Below are some records; quote exactly the lines from the one that contains "payload _ (Ends-read_bulk n)" through the one that contains "Ends-read_typed map payload", inclusive, and no others.
==============================
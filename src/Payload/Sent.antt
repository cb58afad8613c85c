-- ===== src/Payload/Sent.antt =====
-- What payloadToMap makes of a struct, against Go's rules for its fields and their values.
use synap_sdk_go.Prelude.{
  ◌≡◌, refl, sym, ◌∙◌, ◌≢◌, Bool, true, false, inl, inr, Bool-cases, arith, Option, none, some, ℕ,
  zero, ℤ, pos, [], if◌then◌else◌,
}
use synap_sdk_go.Bytes.{Bytes, bytes_eq}
use synap_sdk_go.Value.{Value, Values, nil, bool, float64, str, arr, dict, no_values, item}
use synap_sdk_go.Value.Maps.{lookup}
use synap_sdk_go.Value.Text.{Runtime}
use package.synap_sdk_go.Payload.{
  Reflected, string, bytes, boolean, integer, unsigned, float, nil_pointer, nil_interface, other,
  ref, seq, map, Sequence, no_items, next, Keyed, no_keys, key, is_empty_value, payload_values,
  Fields, struct, no_fields, field, is_skipped, payload_value, payload_to_map,
}
use package.synap_sdk_go.Payload.Laws.{
  IsDistinct, IsMap, field_sent, key_sent, lookup-payload_to_map, lookup-map,
}

-- The first field of a name: whether its tag has omitempty, and its value.
unfoldable pub field_of : Fields → Bytes → Option (Bool × Reflected)
unfolding bytes_eq
field_of no_fields name = none
field_of (field f o r fs) name = if bytes_eq f name then some (o, r) else field_of fs name

unfoldable pub value_at : Keyed → Bytes → Option Reflected
unfolding bytes_eq
value_at no_keys name = none
value_at (key k r m) name = if bytes_eq k name then some r else value_at m name

module _ (rt : Runtime) where
  -- The values that Go's omitempty takes for empty.
  pub data IsEmpty : Reflected → Type 0 where
    no_text : IsEmpty (string [])
    no_bytes : IsEmpty (bytes [])
    is_false : IsEmpty (boolean false)
    zero_integer : IsEmpty (integer (pos 0))
    zero_unsigned : IsEmpty (unsigned 0)
    zero_float : (f : ℕ) → rt.float_nonzero f ≡ false → IsEmpty (float f)
    nil_reference : IsEmpty nil_pointer
    nil_value : IsEmpty nil_interface
    empty_sequence : IsEmpty (seq no_items)
    empty_map : IsEmpty (map no_keys)

  -- What a value is sent as: strings and byte slices byte for byte as strings, every number as a
  -- float64, a pointer as what it leads to, a list item by item, and a map or struct inside as
  -- payloadToMap makes it of that map or struct alone.
  mutual
    pub data Means : Reflected → Value → Type 0 where
      text : (s : Bytes) → Means (string s) (str s)
      binary : (s : Bytes) → Means (bytes s) (str s)
      truth : (b : Bool) → Means (boolean b) (bool b)
      number : (n : ℤ) → Means (integer n) (float64 (rt.float_of_int n))
      natural : (n : ℕ) → Means (unsigned n) (float64 (rt.float_of_int (pos n)))
      real : (f : ℕ) → Means (float f) (float64 f)
      nothing : Means nil_pointer nil
      no_value : Means nil_interface nil
      unsupported : Means other nil
      through : (r : Reflected) (v : Value) → Means r v → Means (ref r) v
      items : (s : Sequence) (vs : Values) → MeanAll s vs → Means (seq s) (arr vs)
      keyed : (m : Keyed) → Means (map m) (dict (payload_to_map rt (map m)))
      nested : (fs : Fields) → Means (struct fs) (dict (payload_to_map rt (struct fs)))

    pub data MeanAll : Sequence → Values → Type 0 where
      end : MeanAll no_items no_values
      more :
          (r : Reflected) (s : Sequence) (v : Value) (vs : Values)
          → Means r v
          → MeanAll s vs
          → MeanAll (next r s) (item v vs)

  -- What stands in the map for a field: nothing for a nil pointer, and nothing for an empty value
  -- where the tag has omitempty; otherwise what the value means.
  pub data Sent : Option (Bool × Reflected) → Option Value → Type 0 where
    absent : Sent none none
    nil_left_out : (o : Bool) → Sent (some (o, nil_pointer)) none
    empty_left_out : (r : Reflected) → IsEmpty r → Sent (some (true, r)) none
    required :
        (r : Reflected) (v : Value) → r ≢ nil_pointer → Means r v → Sent (some (false, r)) (some v)
    filled :
        (r : Reflected) (v : Value) → (IsEmpty r → ⊥) → Means r v → Sent (some (true, r)) (some v)

  -- What stands in the map for a key of a map: what its value means, also a nil pointer.
  pub data Held : Option Reflected → Option Value → Type 0 where
    no_key : Held none none
    held : (r : Reflected) (v : Value) → Means r v → Held (some r) (some v)

  is_empty_value-IsEmpty : (r : Reflected) → is_empty_value rt r ≡ true → IsEmpty r
  unfolding is_empty_value
  is_empty_value-IsEmpty (string []) h = no_text
  is_empty_value-IsEmpty (bytes []) h = no_bytes
  is_empty_value-IsEmpty (boolean false) h = is_false
  is_empty_value-IsEmpty (integer (pos zero)) h = zero_integer
  is_empty_value-IsEmpty (unsigned zero) h = zero_unsigned
  is_empty_value-IsEmpty (float f) h = zero_float f (ground (arith, h))
  is_empty_value-IsEmpty nil_pointer h = nil_reference
  is_empty_value-IsEmpty nil_interface h = nil_value
  is_empty_value-IsEmpty (seq no_items) h = empty_sequence
  is_empty_value-IsEmpty (map no_keys) h = empty_map
  is_empty_value-IsEmpty r h = absurd (ground (arith, h))

  IsEmpty-is_empty_value : (r : Reflected) → IsEmpty r → is_empty_value rt r ≡ true
  unfolding is_empty_value
  IsEmpty-is_empty_value r no_text = refl
  IsEmpty-is_empty_value r no_bytes = refl
  IsEmpty-is_empty_value r is_false = refl
  IsEmpty-is_empty_value r zero_integer = refl
  IsEmpty-is_empty_value r zero_unsigned = refl
  IsEmpty-is_empty_value r (zero_float f h) = rw h
  IsEmpty-is_empty_value r nil_reference = refl
  IsEmpty-is_empty_value r nil_value = refl
  IsEmpty-is_empty_value r empty_sequence = refl
  IsEmpty-is_empty_value r empty_map = refl

  mutual
    unfolding payload_value payload_to_map

    payload_value-Means : (r : Reflected) → Means r (payload_value rt r)
    payload_value-Means (string s) = text s
    payload_value-Means (bytes s) = binary s
    payload_value-Means (boolean b) = truth b
    payload_value-Means (integer n) = number n
    payload_value-Means (unsigned n) = natural n
    payload_value-Means (float f) = real f
    payload_value-Means nil_pointer = nothing
    payload_value-Means nil_interface = no_value
    payload_value-Means other = unsupported
    payload_value-Means (ref r) = through r (payload_value rt r) (payload_value-Means r)
    payload_value-Means (seq s) = items s (payload_values rt s) (payload_values-MeanAll s)
    payload_value-Means (map m) = keyed m
    payload_value-Means (struct fs) = nested fs

    payload_values-MeanAll : (s : Sequence) → MeanAll s (payload_values rt s)
    payload_values-MeanAll no_items = end
    payload_values-MeanAll (next r s) =
        more r s (payload_value rt r) (payload_values rt s) (payload_value-Means r)
          (payload_values-MeanAll s)

  clash : (true ≡ false) → ⊥
  clash h = cc

  is_skipped-true : (r : Reflected) → is_skipped rt true r ≡ is_empty_value rt r
  unfolding is_skipped is_empty_value
  is_skipped-true nil_pointer = refl
  is_skipped-true r = refl

  ne_nil_pointer : (r : Reflected) → is_skipped rt false r ≡ false → r ≢ nil_pointer
  unfolding is_skipped
  ne_nil_pointer nil_pointer h = cc
  ne_nil_pointer r h = λ e. cc

  is_skipped-required :
      (r : Reflected) (skipped : Bool)
      → is_skipped rt false r ≡ skipped
      → Sent (some (false, r)) (if skipped then none else some (payload_value rt r))
  unfolding is_skipped
  is_skipped-required nil_pointer true h = nil_left_out false
  is_skipped-required r false h =
      required r (payload_value rt r) (ne_nil_pointer r h) (payload_value-Means r)
  is_skipped-required r true h = absurd cc

  is_skipped-optional :
      (r : Reflected) (skipped : Bool)
      → is_skipped rt true r ≡ skipped
      → Sent (some (true, r)) (if skipped then none else some (payload_value rt r))
  is_skipped-optional r true h =
      empty_left_out r (is_empty_value-IsEmpty r (sym (is_skipped-true r) ∙ h))
  is_skipped-optional r false h =
      filled r (payload_value rt r)
        (λ e. clash (sym (IsEmpty-is_empty_value r e) ∙ sym (is_skipped-true r) ∙ h))
        (payload_value-Means r)

  sent_if-Sent :
      (o : Bool) (r : Reflected)
      → Sent (some (o, r)) (if is_skipped rt o r then none else some (payload_value rt r))
  sent_if-Sent false r = is_skipped-required r (is_skipped rt false r) refl
  sent_if-Sent true r = is_skipped-optional r (is_skipped rt true r) refl

  field_sent-Sent : (fs : Fields) (name : Bytes) → Sent (field_of fs name) (field_sent rt fs name)
  unfolding field_sent field_of
  field_sent-Sent no_fields name = absent
  field_sent-Sent (field f o r fs) name = elim (Bool-cases (bytes_eq f name)) [
    | inl e ↦ rw e (sent_if-Sent o r)
    | inr e ↦ rw e (field_sent-Sent fs name)
  ]

  key_sent-Held : (m : Keyed) (name : Bytes) → Held (value_at m name) (key_sent rt m name)
  unfolding key_sent value_at
  key_sent-Held no_keys name = no_key
  key_sent-Held (key k r m) name = elim (Bool-cases (bytes_eq k name)) [
    | inl e ↦ rw e (held r (payload_value rt r) (payload_value-Means r))
    | inr e ↦ rw e (key_sent-Held m name)
  ]

  -- For a struct whose fields have different names, payloadToMap holds under the name of a field what
  -- its value means: strings and byte slices byte for byte as strings, numbers as float64, pointers as
  -- what they lead to, lists item by item, and maps and structs inside as payloadToMap makes them of
  -- these alone. It holds nothing there for a nil pointer, nor, where the tag has omitempty, for false,
  -- zero, nil, and an empty text, list or map; and nothing under a name that no field has. For a map it
  -- holds under every key what the value of that key means, also where it is empty or nil, and nothing
  -- under any other.
  pub payload_to_map-Sent :
      (fs : Fields) (m : Keyed) (name : Bytes)
      → IsDistinct fs
      → IsMap m
      → Sent (field_of fs name) (lookup name (payload_to_map rt (struct fs)))
        × Held (value_at m name) (lookup name (payload_to_map rt (map m)))
  payload_to_map-Sent fs m name h k = (
    rw (lookup-payload_to_map rt fs name h) (field_sent-Sent fs name),
    rw (lookup-map rt m name k) (key_sent-Held m name),
  )
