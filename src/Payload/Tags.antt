-- ===== src/Payload/Tags.antt =====
-- jsonFieldName: the name of a field from its json tag.
use mathlib.Core.List.{Memᴰ}
use synap_sdk_go.Prelude.{
  ◌≡◌, refl, sym, ◌∙◌, ap, ℕ, ◌≢◌, ◌↔◌, Bool, true, false, ◌||◌, ◌&&◌, inl, inr, Bool-cases, Option,
  none, some, List, [], ◌∷◌, ◌++◌, ◌==◌, if◌then◌else◌, All, arith,
}
use synap_sdk_go.Bytes.{Bytes, codes, bytes_eq, bytes_eq_refl, bytes_eq_sound, is_empty}

abbrev behind : ℕ → List Bytes → List Bytes
behind c [] = (c ∷ []) ∷ []
behind c (part ∷ parts) = (c ∷ part) ∷ parts

-- strings.Split(tag, ","): never empty.
unfoldable pub split_commas : Bytes → List Bytes
split_commas [] = [] ∷ []
split_commas (c ∷ s) = let rest = split_commas s in if c == b',' then [] ∷ rest else behind c rest

abbrev name_or : Bytes → Bytes → Bytes
name_or field [] = field
name_or field (b ∷ name) = b ∷ name

unfoldable pub has_omitempty : List Bytes → Bool
unfolding bytes_eq
has_omitempty [] = false
has_omitempty (opt ∷ opts) = bytes_eq opt (codes "omitempty") || has_omitempty opts

abbrev resolved : Bytes → List Bytes → Bytes × Bool
unfolding has_omitempty
resolved field [] = (field, false)
resolved field (part ∷ opts) = (name_or field part, has_omitempty opts)

-- The wire name and whether the field is left out when empty; `none` is a field that is skipped.
unfoldable pub json_field_name : (field tag : Bytes) → Option (Bytes × Bool)
unfolding split_commas resolved
json_field_name field tag =
    if bytes_eq tag (codes "-") then none else some (resolved field (split_commas tag))

-- A tag as it is written: the name, and each option behind a comma.
unfoldable pub tag_of : Bytes → List Bytes → Bytes
tag_of name [] = name
tag_of name (opt ∷ opts) = name ++ b',' ∷ tag_of opt opts

split_commas-part : (s : Bytes) → All (λ c. c ≢ b',') s → split_commas s ≡ s ∷ []
unfolding split_commas
split_commas-part [] h = refl
split_commas-part (c ∷ s) h = rw (split_commas-part s h.1) (ground (arith, h.0))

split_commas-append :
    (s t : Bytes) → All (λ c. c ≢ b',') s → split_commas (s ++ b',' ∷ t) ≡ s ∷ split_commas t
unfolding split_commas
split_commas-append [] t h = refl
split_commas-append (c ∷ s) t h = rw (split_commas-append s t h.1) (ground (arith, h.0))

split_commas-tag_of :
    (name : Bytes) (opts : List Bytes)
    → All (λ c. c ≢ b',') name
    → All (All (λ c. c ≢ b',')) opts
    → split_commas (tag_of name opts) ≡ name ∷ opts
unfolding tag_of
split_commas-tag_of name [] h k = split_commas-part name h
split_commas-tag_of name (opt ∷ opts) h k =
    split_commas-append name (tag_of opt opts) h
    ∙ ap (λ parts. name ∷ parts) (split_commas-tag_of opt opts k.0 k.1)

has_omitempty_sound :
    (opts : List Bytes) → has_omitempty opts ≡ true → Memᴰ (codes "omitempty") opts
unfolding has_omitempty
has_omitempty_sound (opt ∷ opts) h = elim (Bool-cases (bytes_eq opt (codes "omitempty"))) [
  | inl e ↦ Memᴰ.head (sym (bytes_eq_sound opt (codes "omitempty") e))
  | inr e ↦ Memᴰ.tail (has_omitempty_sound opts (ground (arith, e, h)))
]
has_omitempty_sound [] h = cc

has_omitempty_complete :
    (opts : List Bytes) → Memᴰ (codes "omitempty") opts → has_omitempty opts ≡ true
unfolding has_omitempty
has_omitempty_complete (opt ∷ opts) (Memᴰ.head e) =
    rw (← e) (ground (arith, bytes_eq_refl (codes "omitempty")))
has_omitempty_complete (opt ∷ opts) (Memᴰ.tail m) = ground (arith, has_omitempty_complete opts m)
has_omitempty_complete [] m = elim m [ ]

abbrev pub no_options : List Bytes → Bool
no_options [] = true
no_options (opt ∷ opts) = false

-- A tag with a comma is not "-".
bytes_eq-tag_of :
    (name : Bytes) (opts : List Bytes)
    → bytes_eq (tag_of name opts) (codes "-") ≡ (bytes_eq name (codes "-") && no_options opts)
unfolding tag_of bytes_eq
bytes_eq-tag_of name [] = ground arith
bytes_eq-tag_of [] (opt ∷ opts) = refl
bytes_eq-tag_of (a ∷ []) (opt ∷ opts) = ground arith
bytes_eq-tag_of (a ∷ b ∷ name) (opt ∷ opts) = ground arith

name_or-is_empty :
    (field name : Bytes) → name_or field name ≡ (if is_empty name then field else name)
name_or-is_empty field [] = refl
name_or-is_empty field (b ∷ name) = refl

-- For a tag of a name and options, none of them with a comma inside, jsonFieldName skips the field if
-- the name is "-" and there is no option. Otherwise it gives that name, or the name of the field where
-- the tag has none, and true exactly if omitempty is one of the options, wherever it stands.
pub json_field_name-tag_of :
    (field name : Bytes) (opts : List Bytes)
    → All (λ c. c ≢ b',') name
    → All (All (λ c. c ≢ b',')) opts
    → (omitted : Bool) × ((omitted ≡ true) ↔ Memᴰ (codes "omitempty") opts)
      × (json_field_name field (tag_of name opts) ≡ (
          if bytes_eq name (codes "-") && no_options opts
          then none
          else some (if is_empty name then field else name, omitted)))
unfolding json_field_name
json_field_name-tag_of field name opts h k = (
  has_omitempty opts,
  (has_omitempty_sound opts, has_omitempty_complete opts),
  rw (split_commas-tag_of name opts h k, bytes_eq-tag_of name opts, name_or-is_empty field name),
)
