-- ===== src/Resp3.antt =====
-- transport_resp3.go: the RESP3 transport.
pub mod Outcome
pub mod Frame
pub mod Reader
pub mod Protocol
pub mod Connection
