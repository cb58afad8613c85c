-- ===== src/Resp3/Reader/Total.antt =====
-- readResponse ends on every input: no reply is nested deeper than its bytes are many.
use synap_sdk_go.Prelude.{
  ℕ, zero, suc, ◌+◌, ◌^◌, ◌≤◌, ◌<◌, ◌≢◌, refl, Bool, true, false, Option, none, some, [], ◌∷◌,
  String, arith, ltb, ◌==◌, if◌then◌else◌, ℤ, pos, negsuc, length, drop, Bool-cases, inl, inr,
}
use synap_sdk_go.Bytes.{Bytes}
use synap_sdk_go.Bytes.Decimal.{parse_int}
use synap_sdk_go.Value.{Value, Entries, float64, str, int64}
use synap_sdk_go.Value.Text.{Runtime}
use synap_sdk_go.Errors.{Error, synap, server_error}
use package.synap_sdk_go.Resp3.Outcome.{
  Outcome, value, error, panic, out_of_fuel, Reader, continue, ◌>>=◌, pure, fail, crash,
}
use package.synap_sdk_go.Resp3.Reader.{
  until_lf, read_line, read_full, read_block, read_counted, read_bulk, read_blob_error,
  read_verbatim, repeat, read_elements, repeat_pairs, read_map, read_boolean, read_double,
  read_typed, read_tagged, read_response, read_reply, number_or, or_fail, strip_format, TypeByte,
  type_byte, simple, failure, integer, bulk_string, array, map, set, boolean, double, big_number,
  blob_error, verbatim, null, unknown, line_of, trim_right,
}

-- On inputs shorter than n the fuel does not run out, and no byte is made up.
pub record Ends {A : Type 0} (n : ℕ) (m : Reader A) : Type 0 where
  pub at : (s : Bytes) → length s < n → ((m s).0 ≢ out_of_fuel) × (length (m s).1 ≤ length s)

module _ {A : Type 0} {n : ℕ} where
  Ends-pure : (a : A) → Ends n (pure a)
  Ends-pure a = record { at = λ s h. (cc, omega arith) }

  Ends-fail : (e : Error) → Ends n (fail {A = A} e)
  Ends-fail e = record { at = λ s h. (cc, omega arith) }

  Ends-crash : Ends n (crash {A = A})
  Ends-crash = record { at = λ s h. (cc, omega arith) }

  Ends-if : (b : Bool) (x y : Reader A) → Ends n x → Ends n y → Ends n (if b then x else y)
  Ends-if true x y hx hy = hx
  Ends-if false x y hx hy = hy

module _ {A B : Type 0} {n : ℕ} where
  continue-Ends :
      (r : Outcome A) (s' : Bytes) (f : A → Reader B) (k : ℕ)
      → ((a : A) → Ends n (f a))
      → r ≢ out_of_fuel
      → length s' ≤ k
      → k < n
      → ((continue r s' f).0 ≢ out_of_fuel) × (length (continue r s' f).1 ≤ k)
  continue-Ends (value a) s' f k hf hr hs hk =
      let (x, y) = (hf a).at s' (omega arith) in (x, omega arith)
  continue-Ends (error e) s' f k hf hr hs hk = (cc, hs)
  continue-Ends panic s' f k hf hr hs hk = (cc, hs)
  continue-Ends out_of_fuel s' f k hf hr hs hk = absurd (hr refl)

  Ends-bind :
      (m : Reader A) (f : A → Reader B) → Ends n m → ((a : A) → Ends n (f a)) → Ends n (m >>= f)
  Ends-bind m f hm hf = record {
    at = λ s h. let (x, y) = hm.at s h in continue-Ends (m s).0 (m s).1 f (length s) hf x y h;
  }

length-drop-le : (n : ℕ) (s : Bytes) → length (drop n s) ≤ length s
length-drop-le zero s = omega arith
length-drop-le (suc n) [] = omega arith
length-drop-le (suc n) (c ∷ s) = omega (arith, length-drop-le n s)

-- What is behind a line is shorter than the input.
abbrev Shorter : Bytes → Option (Bytes × Bytes) → Type 0
Shorter s none = Unit
Shorter s (some (line, rest)) = length rest < length s

until_lf-Shorter : (s : Bytes) → Shorter s (until_lf s)
unfolding until_lf
until_lf-Shorter [] = tt
until_lf-Shorter (c ∷ s) = step (until_lf s) (until_lf-Shorter s)
  where
    step :
        (o : Option (Bytes × Bytes))
        → Shorter s o
        → Shorter (c ∷ s) (
            if c == 10
            then some (c ∷ [], s)
            else elim o [ none ↦ none | some (line, rest) ↦ some (c ∷ line, rest) ])
    step none h = elim (Bool-cases (c == 10)) [ inl e ↦ rw e (omega arith) | inr e ↦ rw e tt ]
    step (some (line, rest)) h = elim (Bool-cases (c == 10)) [
      | inl e ↦ rw e (omega arith)
      | inr e ↦ rw e (omega arith)
    ]

module _ (n : ℕ) where
  Ends-read_full : (text : String) (k : ℕ) → Ends n (read_full text k)
  unfolding read_full
  Ends-read_full text k = record {
    at = λ s h. elim (Bool-cases (ltb (length s) k)) [
      | inl e ↦ rw e (cc, omega arith)
      | inr e ↦ rw e (cc, length-drop-le k s)
    ];
  }

  Ends-read_block : (text : String) (k : ℕ) → Ends n (read_block text k)
  unfolding read_block
  Ends-read_block text k =
      Ends-if (ltb (k + 2) (2 ^ 63)) _ _
        (Ends-bind _ _ (Ends-read_full text (k + 2)) (λ a. Ends-pure _)) Ends-crash

  Ends-read_counted : (text : String) (z : ℤ) → Ends n (read_counted text z)
  unfolding read_counted
  Ends-read_counted text (pos k) = Ends-read_block text k
  Ends-read_counted text (negsuc zero) = Ends-bind _ _ (Ends-read_full text 1) (λ a. Ends-crash)
  Ends-read_counted text (negsuc (suc k)) = Ends-crash

  Ends-read_bulk : (z : ℤ) → Ends n (read_bulk z)
  unfolding read_bulk
  Ends-read_bulk (pos k) =
      Ends-bind (read_block "RESP3: read bulk data" k) (λ d. pure (str d))
        (Ends-read_block "RESP3: read bulk data" k) (λ d. Ends-pure (str d))
  Ends-read_bulk (negsuc zero) = Ends-pure _
  Ends-read_bulk (negsuc (suc k)) = Ends-crash

  Ends-read_blob_error : (z : ℤ) → Ends n (read_blob_error z)
  unfolding read_blob_error
  Ends-read_blob_error z =
      Ends-bind (read_counted "RESP3: read blob error" z) _
        (Ends-read_counted "RESP3: read blob error" z) (λ d. Ends-fail (synap (server_error d)))

  Ends-read_verbatim : (z : ℤ) → Ends n (read_verbatim z)
  unfolding read_verbatim
  Ends-read_verbatim z =
      Ends-bind (read_counted "RESP3: read verbatim string" z) _
        (Ends-read_counted "RESP3: read verbatim string" z) (λ d. Ends-pure (str (strip_format d)))

  Ends-or_fail :
      {A B : Type 0} (text : String) (o : Option A) (k : A → Reader B)
      → ((a : A) → Ends n (k a))
      → Ends n (or_fail text o k)
  Ends-or_fail text none k h = Ends-fail _
  Ends-or_fail text (some a) k h = h a

  Ends-number_or :
      (text : String) (payload : Bytes) (k : ℤ → Reader Value)
      → ((z : ℤ) → Ends n (k z))
      → Ends n (number_or text payload k)
  Ends-number_or text payload k h = Ends-or_fail text (parse_int payload) k h

  Ends-read_boolean : (payload : Bytes) → Ends n (read_boolean payload)
  unfolding read_boolean
  Ends-read_boolean [] = Ends-fail _
  Ends-read_boolean (c ∷ []) =
      Ends-if (c == b't') _ _ (Ends-pure _) (Ends-if (c == b'f') _ _ (Ends-pure _) (Ends-fail _))
  Ends-read_boolean (c ∷ d ∷ s) = Ends-fail _

module _ (n : ℕ) (read : Reader Value) (ends : Ends n read) where
  Ends-repeat : (k : ℕ) → Ends n (repeat read k)
  unfolding repeat
  Ends-repeat zero = Ends-pure _
  Ends-repeat (suc k) =
      Ends-bind read _ ends (λ v. Ends-bind (repeat read k) _ (Ends-repeat k) (λ vs. Ends-pure _))

  Ends-read_elements : (z : ℤ) → Ends n (read_elements read z)
  unfolding read_elements
  Ends-read_elements (pos k) = Ends-bind _ _ (Ends-repeat k) (λ vs. Ends-pure _)
  Ends-read_elements (negsuc zero) = Ends-pure _
  Ends-read_elements (negsuc (suc k)) = Ends-crash

  module _ (rt : Runtime) where
    Ends-repeat_pairs : (k : ℕ) (m : Entries) → Ends n (repeat_pairs rt read k m)
    unfolding repeat_pairs
    Ends-repeat_pairs zero m = Ends-pure _
    Ends-repeat_pairs (suc k) m =
        Ends-bind read _ ends (λ x. Ends-bind read _ ends (λ v. Ends-repeat_pairs k _))

    Ends-read_map : (z : ℤ) → Ends n (read_map rt read z)
    unfolding read_map
    Ends-read_map (pos k) = Ends-bind _ _ (Ends-repeat_pairs k _) (λ m. Ends-pure _)
    Ends-read_map (negsuc zero) = Ends-pure _
    Ends-read_map (negsuc (suc k)) = Ends-pure _

    Ends-read_double : (payload : Bytes) → Ends n (read_double rt payload)
    unfolding read_double
    Ends-read_double payload =
        Ends-or_fail n "RESP3: invalid double" (rt.parse_float payload) (λ f. pure (float64 f))
          (λ f. Ends-pure _)

    Ends-read_typed : (k : TypeByte) (payload : Bytes) → Ends n (read_typed rt read k payload)
    unfolding read_typed
    Ends-read_typed simple payload = Ends-pure _
    Ends-read_typed failure payload = Ends-fail _
    Ends-read_typed integer payload =
        Ends-number_or n "RESP3: invalid integer" payload _ (λ z. Ends-pure (int64 z))
    Ends-read_typed bulk_string payload =
        Ends-number_or n "RESP3: invalid bulk length" payload _ (Ends-read_bulk n)
    Ends-read_typed array payload =
        Ends-number_or n "RESP3: invalid array length" payload _ Ends-read_elements
    Ends-read_typed map payload =
        Ends-number_or n "RESP3: invalid map length" payload _ Ends-read_map
    Ends-read_typed set payload =
        Ends-number_or n "RESP3: invalid set length" payload _ Ends-read_elements
    Ends-read_typed boolean payload = Ends-read_boolean n payload
    Ends-read_typed double payload = Ends-read_double payload
    Ends-read_typed big_number payload = Ends-pure _
    Ends-read_typed blob_error payload =
        Ends-number_or n "RESP3: invalid blob error length" payload _ (Ends-read_blob_error n)
    Ends-read_typed verbatim payload =
        Ends-number_or n "RESP3: invalid verbatim length" payload _ (Ends-read_verbatim n)
    Ends-read_typed null payload = Ends-pure _
    Ends-read_typed unknown payload = Ends-fail _

    Ends-read_tagged : (line : Bytes) → Ends n (read_tagged rt read line)
    Ends-read_tagged [] = Ends-fail _
    Ends-read_tagged (c ∷ payload) = Ends-read_typed (type_byte c) payload

-- Reading a line ends, and what goes on behind it has less input.
line-Ends :
    (rt : Runtime) (fuel : ℕ) (read : Reader Value)
    → Ends fuel read
    → Ends (suc fuel) (read_line >>= read_tagged rt read)
unfolding read_line
line-Ends rt fuel read ends = record { at = λ s h. by_line s h (until_lf s) (until_lf-Shorter s) }
  where
    by_line :
        (s : Bytes)
        → length s < suc fuel
        → (o : Option (Bytes × Bytes)) → Shorter s o
        → ((continue (line_of o).0 (line_of o).1 (read_tagged rt read)).0 ≢ out_of_fuel)
          × (length (continue (line_of o).0 (line_of o).1 (read_tagged rt read)).1 ≤ length s)
    by_line s h none _ = (cc, omega arith)
    by_line s h (some (line, rest)) shorter =
        let (x, y) = (Ends-read_tagged fuel read ends rt (trim_right line)).at rest (omega arith) in
        (x, omega arith)

pub read_response-Ends : (rt : Runtime) (fuel : ℕ) → Ends fuel (read_response rt fuel)
unfolding read_response
read_response-Ends rt zero = record { at = λ s h. absurd (omega arith) }
read_response-Ends rt (suc fuel) =
    line-Ends rt fuel (read_response rt fuel) (read_response-Ends rt fuel)

-- The fuel of `read_reply` never runs out: every input gives a value, an error or a panic.
pub read_reply-ne-out_of_fuel : (rt : Runtime) (s : Bytes) → (read_reply rt s).0 ≢ out_of_fuel
unfolding read_reply
read_reply-ne-out_of_fuel rt s = ((read_response-Ends rt (suc (length s))).at s (omega arith)).0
==============================
_Exercise solution:_
        Ends-number_or n "RESP3: invalid bulk length" payload _ (Ends-read_bulk n)
    Ends-read_typed array payload =
        Ends-number_or n "RESP3: invalid array length" payload _ Ends-read_elements
    Ends-read_typed map payload =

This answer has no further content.